= Beginning of Section =
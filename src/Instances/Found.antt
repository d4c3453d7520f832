-- ===== src/Instances/Found.antt =====
-- What a read finds after a row was written back.
use proof_arena.Base.{
  ℕ, ◌≡◌, ◌<◌, refl, ap, true, false, List, [], ◌∷◌, ◌++◌, arith, some, ◌==◌, number_equality,
  nat_beq, nat_beq_iff, find, All, ◌↔◌,
}
use proof_arena.Db.{AgentInstance, SagaStatus, Store, get_instance}
use proof_arena.Instances.Update.{is_live, replace, write_row}

pub is_live_iff : (s : SagaStatus) → (is_live s ≡ true) ↔ (s ≡ SagaStatus.live)
is_live_iff s = (live_of s, λ h. ap is_live h)
  where
    live_of : (s : SagaStatus) → is_live s ≡ true → s ≡ SagaStatus.live
    live_of SagaStatus.live h = refl
    live_of SagaStatus.provisioning h = absurd (cc)
    live_of SagaStatus.wallet_created_runtime_failed h = absurd (cc)
    live_of SagaStatus.runtime_live_consent_failed h = absurd (cc)
    live_of SagaStatus.provisioning_failed h = absurd (cc)
    live_of SagaStatus.paused h = absurd (cc)
    live_of SagaStatus.torn_down h = absurd (cc)

find-replace :
    (row old : AgentInstance) (rows : List AgentInstance)
    → find (λ (r : AgentInstance). r.instance_id == row.instance_id) rows ≡ some old
    → find
        (λ (r : AgentInstance). r.instance_id == row.instance_id)
        (replace row.instance_id row rows)
      ≡ some row
find-replace row old [] found = absurd (cc)
find-replace row old (r ∷ rs) found =
    let ih = find-replace row old rs in
    ground (
      arith,
      found,
      ih,
      nat_beq_iff row.instance_id row.instance_id,
      nat_beq_iff r.instance_id row.instance_id,
    )

-- the row that was written is found
pub get_instance-write_row :
    (db : Store) (row old : AgentInstance)
    → get_instance db row.instance_id ≡ some old
    → get_instance (write_row db row) row.instance_id ≡ some row
get_instance-write_row db row old found = find-replace row old db.instances found

find-replace_other :
    (key : ℕ) (row : AgentInstance) (rows : List AgentInstance)
    → nat_beq row.instance_id key ≡ false
    → find (λ (r : AgentInstance). r.instance_id == key) (replace row.instance_id row rows)
      ≡ find (λ (r : AgentInstance). r.instance_id == key) rows
find-replace_other key row [] other = refl
find-replace_other key row (r ∷ rs) other =
    let ih = find-replace_other key row rs other in
    ground (
      arith,
      other,
      ih,
      nat_beq_iff r.instance_id row.instance_id,
      nat_beq_iff r.instance_id key,
      nat_beq_iff row.instance_id key,
    )

-- the others are as before
pub get_instance-write_row_other :
    (db : Store) (key : ℕ) (row : AgentInstance)
    → nat_beq row.instance_id key ≡ false
    → get_instance (write_row db row) key ≡ get_instance db key
get_instance-write_row_other db key row other = find-replace_other key row db.instances other

-- the last row is replaced where its key is a new one
pub replace-last :
    (row new : AgentInstance) (rows : List AgentInstance)
    → All (λ (r : AgentInstance). r.instance_id < row.instance_id) rows
    → replace row.instance_id new (rows ++ row ∷ []) ≡ rows ++ new ∷ []
replace-last row new [] fresh = ground (arith, nat_beq_iff row.instance_id row.instance_id)
replace-last row new (r ∷ rs) fresh =
    let ih = replace-last row new rs fresh.1 in
    ground (arith, fresh.0, ih, nat_beq_iff r.instance_id row.instance_id)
= End of Section =
Could you restate, word for word, the lines above from the one with "live_of SagaStatus.torn_down h" to the one with "find-replace row old [] found = absurd (cc)", both included?

* **ANSWER SECTION**:
    live_of SagaStatus.torn_down h = absurd (cc)

find-replace :
    (row old : AgentInstance) (rows : List AgentInstance)
    → find (λ (r : AgentInstance). r.instance_id == row.instance_id) rows ≡ some old
    → find
        (λ (r : AgentInstance). r.instance_id == row.instance_id)
        (replace row.instance_id row rows)
      ≡ some row
find-replace row old [] found = absurd (cc)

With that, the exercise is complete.